• YOUR OBJECTIVE: Search term "fits": copy each line of the data containing it.

Saved entries:
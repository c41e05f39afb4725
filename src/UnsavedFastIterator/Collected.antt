-- ===== src/UnsavedFastIterator/Collected.antt =====
-- unsaved_fast_iterator.go: a whole iteration over the fast nodes of the working tree.
use iavl.Prelude.{
  ℕ, zero, suc, ◌+◌, ◌<◌, ◌≤◌, ◌≡◌, refl, sym, ap, subst, ◌∙◌, List, [], ◌∷◌, Bool, true, false,
  ◌||◌, Option, none, some, is_some, if◌then◌else◌, length, Result, ok, err, panic, stuck, ◌>>=◌,
  arith, Bool-cases, inl, inr,
}
use iavl.Bytes.{Bytes}
use iavl.Bytes.Map.{load}
use iavl.FastNode.{FastNode}
use iavl.Avl.{Entry}
use iavl.Avl.Sorted.{find}
use iavl.Avl.Entries.{IsSorted}
use iavl.Traversal.Ranges.{select, in_direction, inside}
use iavl.Directions.{InOrder, InOrder-ext}
use iavl.MemDb.{BTree}
use iavl.NodeDatabase.{NodeDatabase}
use iavl.FastIterator.{is_valid}
use iavl.FastIterator.Reads.{HasFast, within, directed, new_fast_iterator-OnDisk}
use iavl.UnsavedFastIterator.{
  UnsavedFastIterator, valid, is_empty_range, has_unsaved, next, new_unsaved_fast_iterator,
  sort_slice, keys_in_range,
}
use iavl.UnsavedFastIterator.Merges.{Merges, merged}
use iavl.UnsavedFastIterator.Steps.{
  entry_of, entries, drop-end, state, IsMerge, Outcome, finished, found, next-Outcome,
}
use iavl.UnsavedFastIterator.Additions.{
  IsKeyed, nodes_in_range, keys_in_range-nodes, value_of, load-nodes_in_range,
  nodes_in_range-loaded, nodes_in_range-Once,
}
use iavl.UnsavedFastIterator.Sorting.{
  sort_nodes, node_keys-sort_nodes, All-sort_nodes, load-sort_nodes, sort_nodes-InOrder,
  length-sort_nodes,
}
use iavl.MutableTree.FastStorage.{overlay}
use iavl.UnsavedFastIterator.Ranges.{
  in_range, in_range-InOrder, load-in_range, HasFast-IsSorted, length-within, length-directed,
  length-nodes_in_range, merged-overlay, merged-none, entries-directed-within, outside,
}

-- what a caller reads by `Key` and `Value`
unfoldable pub current : UnsavedFastIterator → Result Entry
current iter = elim iter.next_key [
  | none ↦ panic
  | some k ↦ elim iter.next_val [ none ↦ panic | some v ↦ ok (k, v) ]
]

-- `for ; itr.Valid(); itr.Next() { … itr.Key(), itr.Value() … }`, on fuel
unfoldable pub collect :
    (B : BTree) → ℕ → ℕ → NodeDatabase B → UnsavedFastIterator → Result (List Entry)
unfolding current
collect B steps zero ndb iter = stuck
collect B steps (suc fuel) ndb iter = elim (valid iter) [
  | false ↦ ok []
  | true ↦ do
    e ← current iter
    iter ← next B steps ndb iter
    rest ← collect B steps fuel ndb iter
    ok (e ∷ rest)
]

or_true : (a b : Bool) → (a || b || true) ≡ true
or_true true b = refl
or_true false true = refl
or_true false false = refl

>>=-assoc {ℓ} :
    {A B C : Type ℓ} (r : Result A) (f : A → Result B) (g : B → Result C)
    → (r >>= λ a. f a >>= g) ≡ ((r >>= f) >>= g)
>>=-assoc (ok a) f g = refl
>>=-assoc (err e) f g = refl
>>=-assoc panic f g = refl
>>=-assoc stuck f g = refl

module _ (B : BTree) (ndb : NodeDatabase B) (start end : Option Bytes) (ascending : Bool)
    (additions : List (Bytes × FastNode)) (removals : List (Bytes × Bool)) (keys : List Bytes) where
  collect_from :
      (steps fuel : ℕ) (r : Result UnsavedFastIterator) (d u : List FastNode)
      → is_empty_range start end ≡ false
      → length d < steps
      → length d + length u < fuel
      → Outcome B ndb start end ascending additions removals keys r d u
      → (out : List Entry) × ((r >>= collect B steps fuel ndb) ≡ ok out)
        × IsMerge B ndb start end ascending additions removals keys d u out
  unfolding collect valid
  collect_from steps zero r d u e s f o = absurd (omega arith)
  collect_from steps (suc fuel) r d u e s f (finished g idx q left m) =
      ([], rw (q, e, left.disk.0, drop-end idx keys left.left) refl, m)
  collect_from steps (suc fuel) r d u e s f (found g idx n d' u' q left a b m) =
      let there =
        state B ndb start end ascending additions removals keys g idx (some n.key) (some n.value) in
      let o =
        next-Outcome B ndb start end ascending additions removals keys steps g idx (some n.key)
          (some n.value) d' u' (omega arith) left in
      let (out, c, p) =
        collect_from steps fuel (next B steps ndb there) d' u' e (omega arith) (omega arith) o in
      (
        entry_of n ∷ out,
        rw (q, e, or_true (is_valid g) (has_unsaved there))
            (>>=-assoc (next B steps ndb there) (collect B steps fuel ndb)
                (λ rest. ok (entry_of n ∷ rest))
              ∙ ap (λ o. ◌>>=◌ {B = List Entry} o (λ rest. ok (entry_of n ∷ rest))) c),
        m out p,
      )

module _ (B : BTree) (ndb : NodeDatabase B) (additions : List (Bytes × FastNode))
    (removals : List (Bytes × Bool)) where
  merge_eq :
      (start end : Option Bytes) (ascending : Bool) (fast : List FastNode) (m out : List Entry)
      → HasFast B ndb fast
      → IsKeyed additions
      → IsSorted m
      → ((k : Bytes)
          → find k m ≡ overlay (load k additions) (load k removals) (find k (entries fast)))
      → Merges ascending
          (λ k. is_some (load k removals))
          (entries (directed ascending (within start end fast)))
          (entries (sort_nodes ascending (nodes_in_range start end additions)))
          out
      → out ≡ in_range start end ascending m
  merge_eq start end ascending fast m out h keyed sorted live merge =
      InOrder-ext ascending out (in_range start end ascending m) merge.in_order
        (in_range-InOrder start end ascending m sorted) at
    where
      saved_at :
          (k : Bytes)
          → load k (entries (directed ascending (within start end fast)))
            ≡ (if inside start end false k then find k (entries fast) else none)
      saved_at k =
          ap (load k) (entries-directed-within start end ascending fast)
          ∙ load-in_range start end ascending (entries fast) k (HasFast-IsSorted B ndb fast h)

      unsaved_at :
          (k : Bytes)
          → load k (entries (sort_nodes ascending (nodes_in_range start end additions)))
            ≡ (if inside start end false k then value_of (load k additions) else none)
      unsaved_at k =
          load-sort_nodes ascending (nodes_in_range start end additions) k
            (nodes_in_range-Once start end additions keyed)
          ∙ load-nodes_in_range start end additions k keyed

      by_test :
          (k : Bytes) (b : Bool)
          → merged
              (if b then value_of (load k additions) else none)
              (is_some (load k removals))
              (if b then find k (entries fast) else none)
            ≡ (if b then find k m else none)
      by_test k true =
          merged-overlay (load k additions) (load k removals) (find k (entries fast)) ∙ sym (live k)
      by_test k false = merged-none (is_some (load k removals))

      at : (k : Bytes) → load k out ≡ load k (in_range start end ascending m)
      at k =
          merge.at k
          ∙ ap
              (λ o.
                merged o (is_some (load k removals))
                  (load k (entries (directed ascending (within start end fast)))))
              (unsaved_at k)
          ∙ ap
              (merged (if inside start end false k then value_of (load k additions) else none)
                (is_some (load k removals)))
              (saved_at k)
          ∙ by_test k (inside start end false k)
          ∙ sym (load-in_range start end ascending m k sorted)

  empty_eq :
      (start end : Option Bytes) (ascending : Bool) (m : List Entry)
      → is_empty_range start end ≡ true
      → in_range start end ascending m ≡ []
  empty_eq start end ascending m e =
      ap (in_direction ascending) (none_inside m) ∙ no_entries ascending
    where
      none_inside : (m : List Entry) → select (λ e. inside start end false e.0) m ≡ []
      none_inside [] = refl
      none_inside (x ∷ m) = rw (outside start end x.0 e) (none_inside m)

      no_entries : (b : Bool) → in_direction {A = Entry} b [] ≡ []
      no_entries true = refl
      no_entries false = refl

  empty_collected :
      (start end : Option Bytes) (ascending : Bool) (keys : List Bytes) (steps fuel : ℕ)
      (r : Result UnsavedFastIterator) (d u : List FastNode)
      → is_empty_range start end ≡ true
      → Outcome B ndb start end ascending additions removals keys r d u
      → (r >>= collect B steps (suc fuel) ndb) ≡ ok []
  unfolding collect valid
  empty_collected start end ascending keys steps fuel r d u e (finished g idx q left m) =
      rw (q, e) refl
  empty_collected start end ascending keys steps fuel r d u e (found g idx n d' u' q left a b m) =
      rw (q, e) refl

  new_unsaved_fast_iterator-Outcome :
      (start end : Option Bytes) (ascending : Bool) (fast : List FastNode) (fuel : ℕ)
      → HasFast B ndb fast
      → IsKeyed additions
      → length fast < fuel
      → Outcome B ndb start end ascending additions removals
          (sort_slice ascending (keys_in_range start end additions))
          (new_unsaved_fast_iterator B fuel ndb start end ascending additions removals)
          (directed ascending (within start end fast))
          (sort_nodes ascending (nodes_in_range start end additions))
  unfolding new_unsaved_fast_iterator
  new_unsaved_fast_iterator-Outcome start end ascending fast fuel h keyed fits =
      let unsaved = nodes_in_range start end additions in
      let once = nodes_in_range-Once start end additions keyed in
      let saved = directed ascending (within start end fast) in
      let (f, made, disk) = new_fast_iterator-OnDisk B ndb start end ascending fast h in
      let few : length saved < fuel =
        omega (
          arith,
          length-directed ascending (within start end fast),
          length-within start end fast,
        ) in
      rw made (
        next-Outcome B ndb start end ascending additions removals _ fuel f 0 none none saved
          (sort_nodes ascending unsaved) few
          (record {
            disk = disk;
            left =
                ap (sort_slice ascending) (keys_in_range-nodes start end additions keyed)
                ∙ node_keys-sort_nodes ascending unsaved;
            loaded =
                All-sort_nodes _ ascending unsaved
                  (nodes_in_range-loaded start end additions keyed);
            disk_order =
                subst (InOrder ascending) (sym (entries-directed-within start end ascending fast)) (
                  in_range-InOrder start end ascending (entries fast)
                    (HasFast-IsSorted B ndb fast h));
            unsaved_order = sort_nodes-InOrder ascending unsaved once;
          }))

  -- On a database with the fast nodes of a saved tree, and with unsaved additions that have each key
  -- once: if the additions and the removals, laid over the saved fast nodes, say of each key what
  -- the sorted entries of the working tree say, then a loop over a new iterator, with more fuel than
  -- there are saved and added fast nodes, ends and reads the entries of the working tree in the
  -- range, in the direction of the iterator, each one once and no others.
  pub collect-in_range :
      (start end : Option Bytes) (ascending : Bool) (fast : List FastNode) (m : List Entry)
      (fuel : ℕ)
      → HasFast B ndb fast
      → IsKeyed additions
      → IsSorted m
      → ((k : Bytes)
          → find k m ≡ overlay (load k additions) (load k removals) (find k (entries fast)))
      → length fast + length additions < fuel
      → (new_unsaved_fast_iterator B fuel ndb start end ascending additions removals
          >>= collect B fuel fuel ndb)
        ≡ ok (in_range start end ascending m)
  collect-in_range start end ascending fast m zero h keyed sorted live fits = absurd (omega arith)
  collect-in_range start end ascending fast m (suc fuel) h keyed sorted live fits =
      let unsaved = nodes_in_range start end additions in
      let saved = directed ascending (within start end fast) in
      let keys = sort_slice ascending (keys_in_range start end additions) in
      let o =
        new_unsaved_fast_iterator-Outcome start end ascending fast (suc fuel) h keyed
          (omega arith) in
      let few : length saved ≤ length fast =
        omega (
          arith,
          length-directed ascending (within start end fast),
          length-within start end fast,
        ) in
      let fewer : length (sort_nodes ascending unsaved) ≤ length additions =
        omega
          (arith, length-sort_nodes ascending unsaved, length-nodes_in_range start end additions) in
      elim (Bool-cases (is_empty_range start end)) [
        | inl e ↦
            empty_collected start end ascending keys (suc fuel) fuel _ saved _ e o
            ∙ ap ok (sym (empty_eq start end ascending m e))
        | inr e ↦
            let (out, c, merge) =
              collect_from B ndb start end ascending additions removals keys (suc fuel) (suc fuel) _
                saved _ e (omega arith) (omega arith) o in
            c ∙ ap ok (merge_eq start end ascending fast m out h keyed sorted live merge)
      ]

• PROBLEM SOLUTION:
  new_unsaved_fast_iterator-Outcome start end ascending fast fuel h keyed fits =
  collect-in_range start end ascending fast m zero h keyed sorted live fits = absurd (omega arith)
  collect-in_range start end ascending fast m (suc fuel) h keyed sorted live fits =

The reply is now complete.